Spark基础知识
RDD数据模型
RDD (Resilient Distributed DataSet)是spark对计算过程中输入输出数据以及中间数据的抽象,表示不可变、分区的集合数据,可以被并行处理。
abstract class RDD[T: ClassTag](
@transient private var _sc: SparkContext,
@transient private var deps: Seq[Dependency[_]]
) extends Serializable with Logging {RDD类包含一些基础操作,比如map、filter和persist,另外
PairRDDFunctions包含专门处理键值对RDD的操作,比如groupByKey和joinDoubleRDDFunctions包含数据为Double类型的RDD的操作SequenceFileRDDFunction包含可以被保存为SequenceFiels的RDD的操作OrderedRDDFunctions键值对RDD,key通过隐式转换后支持排序
RDD主要有5种属性:
- 分区列表
- 计算每个分区的函数
- 对其他RDD的依赖组成的依赖链表
- 可选,键值对RDD进行分区的Partitioner 比如某个RDD是hash分区的
- 可选,计算每个分区的本地化偏好列表,比如依据hdfs文件的block位置给定偏好,降低网络传输开销
RDD常用属性
SparkContextRDD所属的上下文Seq[Dependency[_]]当前RDD依赖的RDD列表Option[Partitioner]partitioner,可以被子类重写,表示RDD是如何分区的Array[Partition]RDD拥有的所有分区
Partition
/**
* An identifier for a partition in an RDD.
*/
trait Partition extends Serializable {
/**
* Get the partition's index within its parent RDD
*/
def index: Int
// A better default implementation of HashCode
override def hashCode(): Int = index
override def equals(other: Any): Boolean = super.equals(other)
}Partition表示RDD中的一个分区
private[spark] class PartitionPruningRDDPartition(idx: Int, val parentSplit: Partition)
extends Partition {
override val index = idx
}PartitionPruningRDDPartition表示父RDD被剪枝后生成的子RDD中的分区。
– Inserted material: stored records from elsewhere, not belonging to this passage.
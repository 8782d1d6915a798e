-- ===== src/Base/Members.antt =====
-- Which items the searches of Base/Lists.antt find.
use Prim.Native.String.{String}
use mathlib.Core.Path.{◌≡◌, refl, sym}
use mathlib.Core.Bool.{Bool, true, false}
use mathlib.Core.Logic.{◌⊎◌, inl, inr}
use mathlib.Core.Option.{none, some}
use mathlib.Core.List.{List, [], ◌∷◌, map, Memᴰ}
use mathlib.Core.List.Memᴰ
use native.Mathlib.Omega.{arith}
use arc_db.Base.Tests.{Bool-cases}
use arc_db.Base.Lists.{find, keep, any, includes}
use arc_db.Base.Sort.{insert, sort}
use text.Mathlib.Text.{◌==◌}
use text.Mathlib.TextEquality.{eq_iff}

module _ {ℓ} {A : Type ℓ} (p : A → Bool) where
  pub mem_of_find : (xs : List A) {x : A} → find p xs ≡ some x → Memᴰ x xs × (p x ≡ true)
  mem_of_find [] h = cc
  mem_of_find (y ∷ ys) {x} h = elim (Bool-cases (p y)) [
    | inl passes ↦ let e : x ≡ y = ground arith in (Memᴰ.head e, rw e passes)
    | inr fails ↦ let (m, q) = mem_of_find ys (rw fails at h) in (Memᴰ.tail m, q)
  ]

  pub not_of_find-none : (xs : List A) {x : A} → find p xs ≡ none → Memᴰ x xs → p x ≡ false
  not_of_find-none [] h m = elim m [ ]
  not_of_find-none (y ∷ ys) h (Memᴰ.head e) = rw e (ground arith)
  not_of_find-none (y ∷ ys) h (Memᴰ.tail m) = not_of_find-none ys (ground arith) m

  pub mem_of_keep : (xs : List A) {x : A} → Memᴰ x (keep p xs) → Memᴰ x xs × (p x ≡ true)
  mem_of_keep [] m = elim m [ ]
  mem_of_keep (y ∷ ys) {x} m = elim (Bool-cases (p y)) [
    | inl passes ↦ elim (Memᴰ.cases_cons (rw passes at m)) [
      | inl e ↦ (Memᴰ.head e, rw e passes)
      | inr k ↦ let (k', r) = mem_of_keep ys k in (Memᴰ.tail k', r)
    ]
    | inr fails ↦ let (k, q) = mem_of_keep ys (rw fails at m) in (Memᴰ.tail k, q)
  ]

  pub mem-keep : (xs : List A) {x : A} → Memᴰ x xs → p x ≡ true → Memᴰ x (keep p xs)
  mem-keep [] m q = elim m [ ]
  mem-keep (y ∷ ys) {x} (Memᴰ.head e) q =
      let passes : p y ≡ true = rw (← e) q in rw passes (Memᴰ.head e)
  mem-keep (y ∷ ys) (Memᴰ.tail m) q = elim (Bool-cases (p y)) [
    | inl passes ↦ rw passes (Memᴰ.tail (mem-keep ys m q))
    | inr fails ↦ rw fails (mem-keep ys m q)
  ]

  pub mem_of_any : (xs : List A) → any p xs ≡ true → (x : A) × Memᴰ x xs × (p x ≡ true)
  mem_of_any [] h = cc
  mem_of_any (y ∷ ys) h = elim (Bool-cases (p y)) [
    | inl passes ↦ (y, Memᴰ.head refl, passes)
    | inr fails ↦ let (x, m, q) = mem_of_any ys (rw fails at h) in (x, Memᴰ.tail m, q)
  ]

  pub not_of_any : (xs : List A) {x : A} → any p xs ≡ false → Memᴰ x xs → p x ≡ false
  not_of_any [] h m = elim m [ ]
  not_of_any (y ∷ ys) h (Memᴰ.head e) = rw e (ground arith)
  not_of_any (y ∷ ys) h (Memᴰ.tail m) = not_of_any ys (ground arith) m

module _ {ℓ} {A : Type ℓ} (le : A → A → Bool) where
  mem_of_insert : (a : A) (xs : List A) {x : A} → Memᴰ x (insert le a xs) → (x ≡ a) ⊎ Memᴰ x xs
  unfolding insert
  mem_of_insert a [] m = Memᴰ.cases_cons m
  mem_of_insert a (y ∷ ys) {x} m = elim (Bool-cases (le a y)) [
    | inl below ↦ Memᴰ.cases_cons (rw below at m)
    | inr above ↦ elim (Memᴰ.cases_cons (rw above at m)) [
      | inl e ↦ inr (Memᴰ.head e)
      | inr k ↦ elim (mem_of_insert a ys k) [ inl e ↦ inl e | inr k' ↦ inr (Memᴰ.tail k') ]
    ]
  ]

  mem-insert : (a : A) (xs : List A) {x : A} → (x ≡ a) ⊎ Memᴰ x xs → Memᴰ x (insert le a xs)
  unfolding insert
  mem-insert a [] (inl e) = Memᴰ.head e
  mem-insert a [] (inr m) = elim m [ ]
  mem-insert a (y ∷ ys) (inl e) = elim (Bool-cases (le a y)) [
    | inl below ↦ rw below (Memᴰ.head e)
    | inr above ↦ rw above (Memᴰ.tail (mem-insert a ys (inl e)))
  ]
  mem-insert a (y ∷ ys) (inr m) = elim (Bool-cases (le a y)) [
    | inl below ↦ rw below (Memᴰ.tail m)
    | inr above ↦ elim (Memᴰ.cases_cons m) [
      | inl e ↦ rw above (Memᴰ.head e)
      | inr k ↦ rw above (Memᴰ.tail (mem-insert a ys (inr k)))
    ]
  ]

  -- A sort keeps every item and brings in none.
  pub mem_of_sort : (xs : List A) {x : A} → Memᴰ x (sort le xs) → Memᴰ x xs
  unfolding sort
  mem_of_sort [] m = m
  mem_of_sort (y ∷ ys) m = elim (mem_of_insert y (sort le ys) m) [
    | inl e ↦ Memᴰ.head e
    | inr k ↦ Memᴰ.tail (mem_of_sort ys k)
  ]

  pub mem-sort : (xs : List A) {x : A} → Memᴰ x xs → Memᴰ x (sort le xs)
  unfolding sort
  mem-sort [] m = m
  mem-sort (y ∷ ys) (Memᴰ.head e) = mem-insert y (sort le ys) (inl e)
  mem-sort (y ∷ ys) (Memᴰ.tail m) = mem-insert y (sort le ys) (inr (mem-sort ys m))

pub mem_of_map {ℓ κ} :
    {A : Type ℓ} {B : Type κ} (f : A → B) (xs : List A) {b : B}
    → Memᴰ b (map f xs)
    → (a : A) × Memᴰ a xs × (b ≡ f a)
mem_of_map f [] m = elim m [ ]
mem_of_map f (x ∷ xs) (Memᴰ.head e) = (x, Memᴰ.head refl, e)
mem_of_map f (x ∷ xs) (Memᴰ.tail m) = let (a, k, e) = mem_of_map f xs m in (a, Memᴰ.tail k, e)

pub mem_of_includes : (xs : List String) {a : String} → includes ◌==◌ xs a ≡ true → Memᴰ a xs
mem_of_includes [] h = cc
mem_of_includes (x ∷ xs) {a} h = elim (Bool-cases (x == a)) [
  | inl e ↦ Memᴰ.head (sym ((eq_iff x a).0 e))
  | inr e ↦ Memᴰ.tail (mem_of_includes xs (ground arith))
]

pub includes-mem : (xs : List String) {a : String} → Memᴰ a xs → includes ◌==◌ xs a ≡ true
includes-mem [] m = elim m [ ]
includes-mem (x ∷ xs) {a} (Memᴰ.head e) = ground (arith, (eq_iff x a).1 (sym e))
includes-mem (x ∷ xs) (Memᴰ.tail m) = ground (arith, includes-mem xs m)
idx表示子RDD中分区的partition Id,parentsplit表示对应的父RDD中的分区。
Partitioner
abstract class Partitioner extends Serializable {
def numPartitions: Int
def getPartition(key: Any): Int
}Partitioner定义了键值对RDD中的元素如何通过key进行分区,映射每个key到一个partition ID,从0到 numPartitions - 1。注意partitioner必须是确定性的,给定相同的partition key必须返回相同的分区。
HashPartitioner
class HashPartitioner(partitions: Int) extends Partitioner {
require(partitions >= 0, s"Number of partitions ($partitions) cannot be negative.")
def numPartitions: Int = partitions
def getPartition(key: Any): Int = key match {
case null => 0
case _ => Utils.nonNegativeMod(key.hashCode, numPartitions)
}
override def equals(other: Any): Boolean = other match {
case h: HashPartitioner =>
h.numPartitions == numPartitions
case _ =>
false
}
override def hashCode: Int = numPartitions
}HashPartitioner使用java的Object.hashCode实现了基于hash的分区,java数据的hashCode基于数据的identity而不是他们的内容,所以尝试对RDD[Array[_]]或者RDD[(Array[_], _)]使用HashPartitioner将产生非预期效果。
RangePartitioner
class RangePartitioner[K : Ordering : ClassTag, V](
partitions: Int,
rdd: RDD[_ <: Product2[K, V]],
private var ascending: Boolean = true,
val samplePointsPerPartitionHint: Int = 20)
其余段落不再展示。